Não é por mera obra do acaso que existe esse verdadeiro ‘apartheid’ no cenário do futebol nacional, onde o fosso entre grandes e pequenos é cada vez mais profundo. Mas não creio que esta situação deva ser encarada por um viés predominantemente político, até para que não caiamos na armadilha da visão separatista. Na verdade, os dirigentes e as lideranças do norte e do nordeste precisam primeiro entender e assimilar a realidade que os circunda, para em seguida se prepararem para a descoberta de alternativas que a ela possa ser sobreposta.

Em passando toda uma vida como dublês e/ou coadjuvantes, isto confere aos clubes de menor porte uma capacidade de auto-percepção formidável.

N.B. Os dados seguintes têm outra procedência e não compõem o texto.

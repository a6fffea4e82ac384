-- ===== src/Protocol/DoorOpens.antt =====
-- The safety door opens: what each block of `protocol_exec_rt_system` in protocol.c does then.
use mathlib.Core.Path.{subst}
use g_carvin.Base.{sym, true, false, ◌||◌, ◌≡◌, ◌⊎◌, inl, inr, arith, if_ind, if◌then◌else◌}
use g_carvin.System.{
  safety_door, sleep, jog, Machine, ExecState, StepControl, log, report_feedback_message,
  safety_door_ajar,
}
use g_carvin.System.Flags.{system_clear_exec_state_flag}
use g_carvin.Protocol.Hold.{
  begin_hold, hold_when_idle, motion_cancel, feed_hold, enter_door, set_ajar, door_event,
  sleep_event, hold_events, hold_block, hold_flags, is_alarm_or_check,
}
use g_carvin.Protocol.Cycle.{
  start_at_door, start_or_restore, start_block, complete_hold, stop_block,
}
use g_carvin.Protocol.Door.{Parked, stop_ended}

-- The door is marked ajar, and the machine is at rest or comes to rest: it waits in the door
-- state, sleeps, or is a jog that has been cancelled.
pub record Stopping (m : Machine) : Type 0 where
  pub ajar : m.suspend.door_ajar ≡ true
  pub stopping :
      (m.state ≡ safety_door)
      ⊎ ((m.state ≡ sleep) ⊎ ((m.state ≡ jog) × (m.suspend.jog_cancel ≡ true)))

-- Only a jog is marked as a cancelled jog.
abbrev pub CancelsJog : Machine → Type 0
CancelsJog m = (m.suspend.jog_cancel ≡ false) ⊎ (m.state ≡ jog)

clear-Stopping :
    (e : ExecState) (m : Machine) → Stopping m → Stopping (system_clear_exec_state_flag e m)
unfolding system_clear_exec_state_flag
clear-Stopping e m p = ground arith

sleep_event-Stopping : (rt : ExecState) (m : Machine) → Stopping m → Stopping (sleep_event rt m)
unfolding sleep_event
sleep_event-Stopping rt m p = ground arith

Parked-Stopping : {m : Machine} → Parked m → Stopping m
Parked-Stopping p = ground arith

begin_hold-CancelsJog : (rt : ExecState) (m : Machine) → CancelsJog m → CancelsJog (begin_hold rt m)
unfolding begin_hold
begin_hold-CancelsJog rt m c = ground arith

hold_when_idle-CancelsJog : (m : Machine) → CancelsJog m → CancelsJog (hold_when_idle m)
unfolding hold_when_idle
hold_when_idle-CancelsJog m c = ground arith

motion_cancel-CancelsJog :
    (rt : ExecState) (m : Machine) → CancelsJog m → CancelsJog (motion_cancel rt m)
unfolding motion_cancel
motion_cancel-CancelsJog rt m c = ground arith

feed_hold-CancelsJog : (rt : ExecState) (m : Machine) → CancelsJog m → CancelsJog (feed_hold rt m)
unfolding feed_hold
feed_hold-CancelsJog rt m c = ground arith

-- Either the jog was being cancelled, and nothing changes, or the machine is in the door state or
-- asleep.
enter_door_lem :
    (m : Machine)
    → ((m.suspend.jog_cancel ≡ true) × (enter_door m ≡ m))
      ⊎ ((m.suspend.jog_cancel ≡ false)
          × (((enter_door m).state ≡ safety_door) ⊎ ((enter_door m).state ≡ sleep)))
unfolding enter_door
enter_door_lem m = ground arith

set_ajar-Stopping :
    (m : Machine)
    → (m.state ≡ safety_door)
      ⊎ ((m.state ≡ sleep) ⊎ ((m.state ≡ jog) × (m.suspend.jog_cancel ≡ true)))
    → Stopping (set_ajar m)
unfolding set_ajar
set_ajar-Stopping m h = ground arith

door_ajar-Stopping : (m : Machine) → CancelsJog m → Stopping (set_ajar (enter_door m))
door_ajar-Stopping m c = elim (enter_door_lem m) [
  | inl (j, e) ↦ rw e (set_ajar-Stopping m (ground arith))
  | inr (j, s) ↦ set_ajar-Stopping (enter_door m) (ground arith)
]

log_door-CancelsJog :
    (m : Machine) → CancelsJog m → CancelsJog (log (report_feedback_message safety_door_ajar) m)
log_door-CancelsJog m c = c

door_event-Stopping :
    (rt : ExecState) (m : Machine)
    → rt.safety_door ≡ true
    → CancelsJog m
    → Stopping (door_event rt m)
unfolding door_event
door_event-Stopping rt m d c =
    subst
      (λ b.
        Stopping (
          if b
          then set_ajar (enter_door (log (report_feedback_message safety_door_ajar) m))
          else m))
      (sym d) (door_ajar-Stopping _ (log_door-CancelsJog m c))

hold_events-Stopping :
    (rt : ExecState) (m : Machine)
    → rt.safety_door ≡ true
    → is_alarm_or_check m.state ≡ false
    → CancelsJog m
    → Stopping (hold_events rt m)
unfolding hold_events
hold_events-Stopping rt m d a c =
    subst
      (λ b. Stopping (
        if b
        then m
        else door_event rt (feed_hold rt (motion_cancel rt (hold_when_idle (begin_hold rt m))))))
      (sym a)
      (door_event-Stopping rt _ d (
        feed_hold-CancelsJog rt _ (
          motion_cancel-CancelsJog rt _
            (hold_when_idle-CancelsJog _ (begin_hold-CancelsJog rt m c)))))

any_hold :
    (rt : ExecState)
    → rt.safety_door ≡ true
    → (rt.motion_cancel || (rt.feed_hold || (rt.safety_door || rt.sleep))) ≡ true
any_hold rt d = ground arith

hold_wins :
    (rt : ExecState)
    → rt.safety_door ≡ true
    → (rt.feed_hold || (rt.motion_cancel || rt.safety_door)) ≡ true
hold_wins rt d = ground arith

pub hold_block-Stopping :
    (rt : ExecState) (m : Machine)
    → rt.safety_door ≡ true
    → is_alarm_or_check m.state ≡ false
    → CancelsJog m
    → Stopping (hold_block rt m)
unfolding hold_block
hold_block-Stopping rt m d a c =
    subst
      (λ b. Stopping (
        if b
        then system_clear_exec_state_flag hold_flags (sleep_event rt (hold_events rt m))
        else m))
      (sym (any_hold rt d))
      (clear-Stopping _ _ (sleep_event-Stopping rt _ (hold_events-Stopping rt m d a c)))

pub start_block-Stopping :
    (prep : Machine → StepControl) (rt : ExecState) (m : Machine)
    → rt.safety_door ≡ true
    → Stopping m
    → Stopping (start_block prep rt m)
unfolding start_block
start_block-Stopping prep rt m d p =
    if_ind Stopping _
      (clear-Stopping _ _ (
        subst (λ b. Stopping (if b then m else start_or_restore prep (start_at_door m)))
          (sym (hold_wins rt d)) p))
      p

complete_hold-Stopping : (m : Machine) → Stopping m → Stopping (complete_hold m)
unfolding complete_hold
complete_hold-Stopping m p = ground arith

pub stop_block-Stopping : (rt : ExecState) (m : Machine) → Stopping m → Stopping (stop_block rt m)
unfolding stop_block
stop_block-Stopping rt m p =
    if_ind Stopping _
      (clear-Stopping _ _
        (if_ind Stopping _ (complete_hold-Stopping m p) (Parked-Stopping (stop_ended m p.ajar))))
      p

E, portanto, o papel de beneficiários menores em qualquer parceria já lhes é familiarmente conhecido. E, é bom frisarmos diante mão, que o menor quinhão numa parceria e/ou sociedade não representa, necessariamente, um papel inferior. Antes, reflete a cota-parte proporcional ao nível do investimento de cada uma das partes.

Antes, também, que sejamos mal interpretados, vale dizer que não nos contentamos com a utilização das paráfrases e da intertextualidade; que abominados o plágio no sentido da apropriação indébita; que não estivemos nem estamos genuflexos a nenhuma situação hegemônica. Apenas reconhecemos que o ‘modus vivendi’ e o ‘modus operandi’ dos clubes do norte e do nordeste precisa ser mais bem contextualizado, até para que não vivamos de um mimetismo daninho que em nada contribui para a auto-sustentabilidade dos clubes locais.

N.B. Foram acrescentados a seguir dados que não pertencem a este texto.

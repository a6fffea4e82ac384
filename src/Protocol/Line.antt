-- ===== src/Protocol/Line.antt =====
-- The line assembly in `protocol_main_loop` of protocol.c: how the bytes that `serial_read` returns
-- become the zero-terminated line, and to whom the line is given at its end.
pub mod Clean
pub mod Step
pub mod Feed
pub mod Deliver
mod Tests
use g_carvin.Base.{
  ℕ, suc, ◌+◌, ◌-◌, ◌≡◌, Bool, true, false, ◌&&◌, ◌||◌, List, [], ◌∷◌, leb, ◌==◌, if◌then◌else◌,
  get_or, set,
}
use g_carvin.System.{State, alarm, jog}

-- `line`, `char_counter` and the three bits of `line_flags`.
pub record LineState : Type 0 where
  pub line : List ℕ
  pub char_counter : ℕ
  pub overflow : Bool
  pub parentheses : Bool
  pub semicolon : Bool

abbrev pub line_buffer_size : ℕ
line_buffer_size = 80

-- `line[char_counter++] = c`
abbrev pub append_char : ℕ → LineState → LineState
append_char c s = record s { line = set s.line s.char_counter c; char_counter = s.char_counter + 1 }

-- Inside a comment, or behind an overflow: only `)` is looked at.
unfoldable pub skip_char : ℕ → LineState → LineState
skip_char c s =
    if c == b')' then (if s.parentheses then record s { parentheses = false } else s) else s

-- The branch for a byte that is no line end.
unfoldable pub line_char : ℕ → LineState → LineState
unfolding skip_char
line_char c s =
    if s.overflow || (s.parentheses || s.semicolon)
    then skip_char c s
    else if leb c b' '
    then s
    else if c == b'/'
    then s
    else if c == b'('
    then record s { parentheses = true }
    else if c == b';'
    then record s { semicolon = true }
    else if leb (line_buffer_size - 1) s.char_counter
    then record s { overflow = true }
    else if leb b'a' c && leb c b'z'
    then append_char (c - b'a' + b'A') s
    else append_char c s

-- What becomes of a line: a status is reported, or the line array is given to a parser.
pub data Dispatch : Type 0 where
  status_overflow status_ok status_system_gc_lock : Dispatch
  system_execute_line : List ℕ → Dispatch
  gc_execute_line : List ℕ → Dispatch

abbrev pub is_locked : State → Bool
is_locked alarm = true
is_locked jog = true
is_locked _ = false

-- The branches on the terminated line, in the state that the realtime check left.
unfoldable pub line_dispatch : State → Bool → List ℕ → Dispatch
line_dispatch state overflow line =
    if overflow
    then status_overflow
    else if get_or line 0 0 == 0
    then status_ok
    else if get_or line 0 0 == b'$'
    then system_execute_line line
    else if is_locked state
    then status_system_gc_lock
    else gc_execute_line line

-- The branch for a line end, when no abort is pending: the dispatch, and the counters reset.
unfoldable pub line_end : State → LineState → Dispatch × LineState
unfolding line_dispatch
line_end state s =
    let line = set s.line s.char_counter 0 in
    (
      line_dispatch state s.overflow line,
      record {
        line = line;
        char_counter = 0;
        overflow = false;
        parentheses = false;
        semicolon = false;
      },
    )

abbrev pub is_line_end : ℕ → Bool
is_line_end c = c == b'\n' || c == b'\r'

-- The loop over the bytes that are there, and the dispatches that it makes in order, while no abort is
-- pending; `states` gives the machine state at each line end.
unfoldable pub line_loop : (ℕ → State) → List ℕ → LineState → List Dispatch × LineState
unfolding line_char line_end
line_loop states [] s = ([], s)
line_loop states (c ∷ cs) s =
    let at_end = line_end (states 0) s in
    let after = line_loop (λ n. states (suc n)) cs at_end.1 in
    let inside = line_loop states cs (line_char c s) in
    if is_line_end c then (at_end.0 ∷ after.0, after.1) else inside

E também para que de antemão não fique sem resposta quem se questione sobre nossa capacidade crítico-analítica para dissertar sobre o tema, direi que, quem não deu um chute numa bola não está condenado a não entender de futebol e menos ainda a sobre ele falar. Imaginar diferentemente seria dar abrigo a uma premissa falsa e elitista.

Se assim fosse, qualquer crítico de arte deveria estar acima do nível de um expressionista como Vicent Van Gogh ou de um cubista como Pablo Picasso. Qualquer crítico literário deveria estar ao nível dos maiores escritores do mundo. E, depois de Pelé, quem estaria em condição de comentar futebol?

Felizmente, na prática a coisa não funciona desta maneira amesquinhada. Ainda bem que a inteligência não está sujeita a monopólio. Quem analisa não precisa sequer saber fazer malfeito dentro de campo ou fora dele. Menos ainda precisa saber fazer igual, ou melhor, que qualquer ‘boleiro’ ou cartola. Faz-se mister saber observar. Observar com critério, induzindo, deduzindo, utilizando até mesmo a chamada experiência sensível.

Muitos são os exemplos marcantes de pessoas simples que viraram personalidades de destaque e verdadeiras referências em determinadas áreas do saber, donde se pode concluir que a experiência tem o seu valor sim, mas o que dela fazemos e como a utilizamos têm importância ainda maior.